The girl set her laptop hand on the ground and pressed.

  "Why doesn't it go this time? It went last time. It hasn't worked since."

  Alex put her hand on the ground and concentrated.

  Her deepest wish was to see this poor girl happy. It was just to make sure Stock could never hurt her again.

  The Eternium turned blue then splashed into the air.

  "I don't know how to make it blue."

  According to what she'd read, it was possible to change the metal's colors, just as it was possible to create a Paragon for someone else. But those abilities were beyond her for now.

  "But I can try to teach you how to control it."

  The girl smiled.

  "Okay!"

  She had an awkward, quivery smile. Her lips kind of jerked up and down, and she was afraid of showing her teeth. When Alex looked closer, she saw that many were cracked and missing.

  A cold coil of hate wound around her stomach, and she shuddered with a sudden rush of loathing.

  Alex did her best to hide it, but the girl's eyes widened, and she took a sudden step back.

  "Are you okay?"

  Alex held back a sigh.

  The girl would be able to notice small things like that. Jared told her that Stock was notoriously fickle. He was infamous for his constant fits. He'd smash machines and experiments, sending stray metal flying all over the place. He'd start chasing people around in his Paragon, cackling as they ran. He'd sent several employees to the hospital. It was easy to guess why the girl was good at picking up stray emotions, why she was always ready to run.

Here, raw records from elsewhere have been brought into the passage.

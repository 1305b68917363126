-- ===== src/World.antt =====
-- The state that an operation threads: the work queue, the calls made of the API server and the etag
-- of the cron job; and the monad of operations, which may panic.
use k8s_athenz_syncer.Common.{◌≡◌, List, [], ◌∷◌, ◌++◌, Bytes}
use k8s_athenz_syncer.Go.{Go, ret, panic}
use k8s_athenz_syncer.WorkQueue.{add_all-append, add_all, WorkQueue}
use k8s_athenz_syncer.Cluster.{Call}

pub record World (q : WorkQueue) : Type 0 where
  pub queue : q.State
  pub calls : List Call
  pub etag : Bytes

abbrev pub M : WorkQueue → Type 0 → Type 0
M q A = World q → Go A × World q

abbrev pub continue : {q : WorkQueue} {A B : Type 0} → (A → M q B) → Go A × World q → Go B × World q
continue f (ret a, w) = f a w
continue f (panic, w) = (panic, w)

infixl 5 ◌>>=◌ ◌>>◌
abbrev pub ◌>>=◌ : {q : WorkQueue} {A B : Type 0} → M q A → (A → M q B) → M q B
◌>>=◌ m f w = continue f (m w)

abbrev pub ◌>>◌ : {q : WorkQueue} {B : Type 0} → M q (Unit {0}) → M q B → M q B
◌>>◌ m k w = continue (λ _. k) (m w)

abbrev pub done : {q : WorkQueue} {A : Type 0} → A → M q A
done a w = (ret a, w)

-- A pure part that may panic.
abbrev pub lift : {q : WorkQueue} {A : Type 0} → Go A → M q A
lift a w = (a, w)

-- queue.AddRateLimited
abbrev pub enqueue : {q : WorkQueue} → Bytes → M q (Unit {0})
enqueue {q} item w = (ret tt, record w { queue = q.add_rate_limited w.queue item })

-- A call of the API server; the answer is read from the calls before it.
abbrev pub send : {q : WorkQueue} {A : Type 0} → Call → (List Call → A) → M q A
send call answer w = (ret (answer w.calls), record w { calls = w.calls ++ (call ∷ []) })

-- The world after a list of items entered the queue.
abbrev pub after_adding : {q : WorkQueue} → World q → List Bytes → World q
after_adding {q} w xs = record w { queue = add_all q w.queue xs }

pub after_adding-append :
    {q : WorkQueue} (w : World q) (xs ys : List Bytes)
    → after_adding (after_adding w xs) ys ≡ after_adding w (xs ++ ys)
after_adding-append {q} w xs ys = rw (add_all-append q w.queue xs ys)
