-- ===== src/CrUtil.antt =====
-- pkg/cr/cr.go. The clients of CRUtil are the parameters `caches` and `server`; `copy` is
-- deepcopy.Copy followed by the type assertion of AthenzDomainSpec.DeepCopy, and `format` is the
-- RFC 3339 layout of package time, in UTC.
pub mod Update
pub mod Create
pub mod Index
pub mod Timestamp
use k8s_athenz_syncer.Common.{
  ℕ, ◌*◌, ◌+◌, Bool, true, false, not, ◌&&◌, ◌||◌, Option, none, some, List, [], ◌∷◌, ◌++◌, Bytes,
  codes, bytes_eq, ◌==◌, ltb, if◌then◌else◌, is_some, is_empty,
}
use k8s_athenz_syncer.Go.{Go, ret, panic, items, deref}
use k8s_athenz_syncer.Go
use k8s_athenz_syncer.Zms.{Role, DomainData, SignedDomain, SignedPolicies}
use k8s_athenz_syncer.WorkQueue.{WorkQueue}
use k8s_athenz_syncer.Cluster.{
  GoError, already_exists, message, wrapped, Result, ok, err, ObjectMeta, AthenzDomain,
  AthenzDomainSpec, AthenzDomainStatus, athenz_domain_spec_eq, athenz_domain_status_eq, Object,
  athenz_domain, tombstone, other, Caches, Server, create_cr, update_cr, delete_cr,
}
use k8s_athenz_syncer.World.{World, M, continue, ◌>>=◌, ◌>>◌, done, lift, send}

-- What GetCRByName returns: the object (nil where it is not set), whether it exists, and an error.
pub record Found : Type 0 where
  pub object : Option AthenzDomain
  pub exist : Bool
  pub error : Option GoError

unfoldable pub cast_found : Option Object → Found
cast_found none = record { object = none; exist = false; error = none }
cast_found (some (athenz_domain object)) = record {
  object = some object;
  exist = true;
  error = none;
}
cast_found (some _) = record {
  object = none;
  exist = true;
  error = some (message (codes "Error occurred when casting AthenzDomain object"));
}

unfoldable pub get_cr_by_name : Caches → Bytes → Found
unfolding cast_found
get_cr_by_name caches domain = cast_found (caches.cr_by_key domain)

-- AthenzDomainSpec.DeepCopy of a pointer.
unfoldable pub deep_copy :
    (AthenzDomainSpec → Option AthenzDomainSpec) → Option AthenzDomainSpec → Option AthenzDomainSpec
deep_copy copy none = none
deep_copy copy (some spec) = copy spec

clear_domain : DomainData → Go DomainData
clear_domain domain =
    Go.◌>>=◌ (deref domain.policies)
      λ policies. ret (record domain { policies = some (record policies { signature = [] }) })

-- Setting both signatures of a copied spec to the empty string.
unfoldable pub clear_signatures : Option AthenzDomainSpec → Go AthenzDomainSpec
unfolding clear_domain
clear_signatures none = panic
clear_signatures (some spec) = Go.◌>>=◌ (deref spec.signed_domain.domain) λ domain.
    Go.◌>>=◌ (clear_domain domain) λ cleared. ret (record spec {
      signed_domain = record (spec.signed_domain) { domain = some cleared; signature = [] };
    })

abbrev pub as_pointer : Result AthenzDomain → Result (Option AthenzDomain)
as_pointer (ok a) = ok (some a)
as_pointer (err e) = err e

-- What Go's Create leaves to do: a return, or the update if the resource exists after all.
abbrev pub exists_already : GoError → Bool
exists_already already_exists = true
exists_already _ = false

abbrev pub nothing_to_compare : GoError
nothing_to_compare = message (codes "one of the domain objects to compare is empty")

module _ {q : WorkQueue} (copy : AthenzDomainSpec → Option AthenzDomainSpec) (server : Server) where
  unfoldable pub update_found :
      Option AthenzDomain → Option AthenzDomain → M q (Result (Option AthenzDomain))
  update_found none new_cr = done (err nothing_to_compare)
  update_found (some object) none = done (err nothing_to_compare)
  update_found (some object) (some new_cr) = do
    old_spec ← lift (clear_signatures (deep_copy copy (some object.spec)))
    new_spec ← lift (clear_signatures (deep_copy copy (some new_cr.spec)))
    let meta = record (new_cr.object_meta) {
      resource_version = object.object_meta.resource_version;
    }
    let next = record new_cr { object_meta = meta }
    if old_spec == new_spec && object.status == new_cr.status
        then done (ok none)
        else send (update_cr next) (λ calls. as_pointer (server.on_update calls next))

-- The resource that CreateUpdateAthenzDomain builds.
abbrev pub new_object : Bytes → SignedDomain → AthenzDomain
new_object domain data_of = record {
  object_meta = record { name = domain; resource_version = []; rest = [] };
  status = record { message = [] };
  spec = record { signed_domain = data_of };
}

module _ {q : WorkQueue} (copy : AthenzDomainSpec → Option AthenzDomainSpec) (caches : Caches)
    (server : Server) where
  -- After the answer of Create.
  created :
      Bytes
      → AthenzDomain
      → Option AthenzDomain
      → Result AthenzDomain
      → M q (Result (Option AthenzDomain))
  created domain new_cr object (ok cr) = done (ok (some cr))
  created domain new_cr object (err e) =
      if not (exists_already e)
      then done (err (wrapped (codes "Failed to create new AthenzDomain CR") e))
      else update_found copy server object (some new_cr)

  create_or_update : Bytes → SignedDomain → Found → M q (Result (Option AthenzDomain))
  unfolding created
  create_or_update domain domain_data found = elim found.error [
    | some e ↦ done (err (wrapped (codes "Did not find key in store") e))
    | none ↦
        let new_cr = new_object domain domain_data in
        if not found.exist
        then (do
          answer ← send (create_cr new_cr) (λ calls. server.on_create calls new_cr)
          created domain new_cr found.object answer)
        else update_found copy server found.object (some new_cr)
  ]

  unfoldable pub create_update_athenz_domain :
      Bytes → Option SignedDomain → M q (Result (Option AthenzDomain))
  unfolding create_or_update
  create_update_athenz_domain domain none =
      done (err (message (codes "Domain data from ZMS API call is nil")))
  create_update_athenz_domain domain (some domain_data) =
      create_or_update domain domain_data (get_cr_by_name caches domain)

module _ {q : WorkQueue} (caches : Caches) (server : Server) where
  remove_found : Bytes → Found → M q (Option GoError)
  remove_found domain found = elim found.error [
    | some e ↦ done (some e)
    | none ↦
        if found.exist && is_some found.object
        then send (delete_cr domain) (λ calls. server.on_delete calls domain)
        else done none
  ]

  unfoldable pub remove_athenz_domain : Bytes → M q (Option GoError)
  unfolding remove_found
  remove_athenz_domain domain = remove_found domain (get_cr_by_name caches domain)

  -- The answer is only logged.
  unfoldable pub update_error_status : AthenzDomain → M q (Unit {0})
  update_error_status object = do
    answer ← send (update_cr object) (λ calls. server.on_update calls object)
    done tt

-- The trust domains of the roles; a nil role is dereferenced.
trusts : List (Option Role) → Go (List Bytes)
trusts [] = ret []
trusts (none ∷ rest) = panic
trusts (some role ∷ rest) =
    Go.◌>>=◌ (trusts rest)
      λ found. ret (if not (role.trust == []) then role.trust ∷ found else found)

trusts_of : Option DomainData → Go (List Bytes)
unfolding trusts
trusts_of none = ret []
trusts_of (some domain) = trusts (items domain.roles)

trusts_of_tombstone : Object → Go (List Bytes)
unfolding trusts_of
trusts_of_tombstone (athenz_domain object) = trusts_of object.spec.signed_domain.domain
trusts_of_tombstone _ = ret []

unfoldable pub trust_domain_index_func : Object → Go (List Bytes)
unfolding trusts_of trusts_of_tombstone
trust_domain_index_func (athenz_domain object) = trusts_of object.spec.signed_domain.domain
trust_domain_index_func (tombstone object) = trusts_of_tombstone object
trust_domain_index_func other = ret []

unfoldable pub is_trust_domain : Caches → Bytes → Bool
is_trust_domain caches domain_name = elim (caches.cr_by_trust domain_name) [
  | none ↦ false
  | some delegated ↦ if is_empty delegated then false else true
]

-- time.Date(1970, time.January, 1, 0, 0, 0, 0, time.UTC)
abbrev pub epoch : ℕ
epoch = 62135596800 * 1000000000

-- The loop over the store. A value that is no AthenzDomain ends it with no result; a nil domain or a
-- nil time is dereferenced.
latest_from : ℕ → List Object → Go (Option ℕ)
latest_from latest [] = ret (some latest)
latest_from latest (athenz_domain cr ∷ rest) =
    Go.◌>>=◌ (deref cr.spec.signed_domain.domain) λ domain.
      Go.◌>>=◌ (deref domain.modified)
        λ timestamp. latest_from (if ltb latest timestamp then timestamp else latest) rest
latest_from latest (_ ∷ rest) = ret none

unfoldable pub get_latest_timestamp : (ℕ → Bytes) → Caches → Go Bytes
unfolding latest_from
get_latest_timestamp format caches =
    if is_empty caches.cr_list
    then ret []
    else Go.◌>>=◌ (latest_from epoch caches.cr_list) λ latest. ret (elim latest [
      | none ↦ []
      | some time ↦ if format time == codes "1970-01-01T00:00:00Z" then [] else format time
    ])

  Alex took a deep breath and pushed her anger aside.

  She forced herself to smile. This was the duty of an ace. She would do her best to repair what Stock had done.

  "Yeah. I'm fine. Let's go outside. Let me show you how things are now."

  The girl immediately pushed away.

  "No. I don't want to go outside."

  She turned, and for a moment, it was like she was going to run again.

  Then she stopped.

  "I don't want to meet people. You're nice, though. You look nice. And you act nice. Can you bring food again tomorrow? It's so good! And I'm almost done with the book."

  "Yeah. Do you want to read it together? Like we do outside?"

  The girl grinned.

  "Yes! Yes!"

  "Okay. Next time I come back, I'll bring a book, and we can read it together."

  She'd read her The Familiars. She'd use the handwritten copy her parents had given her and show her all the pictures.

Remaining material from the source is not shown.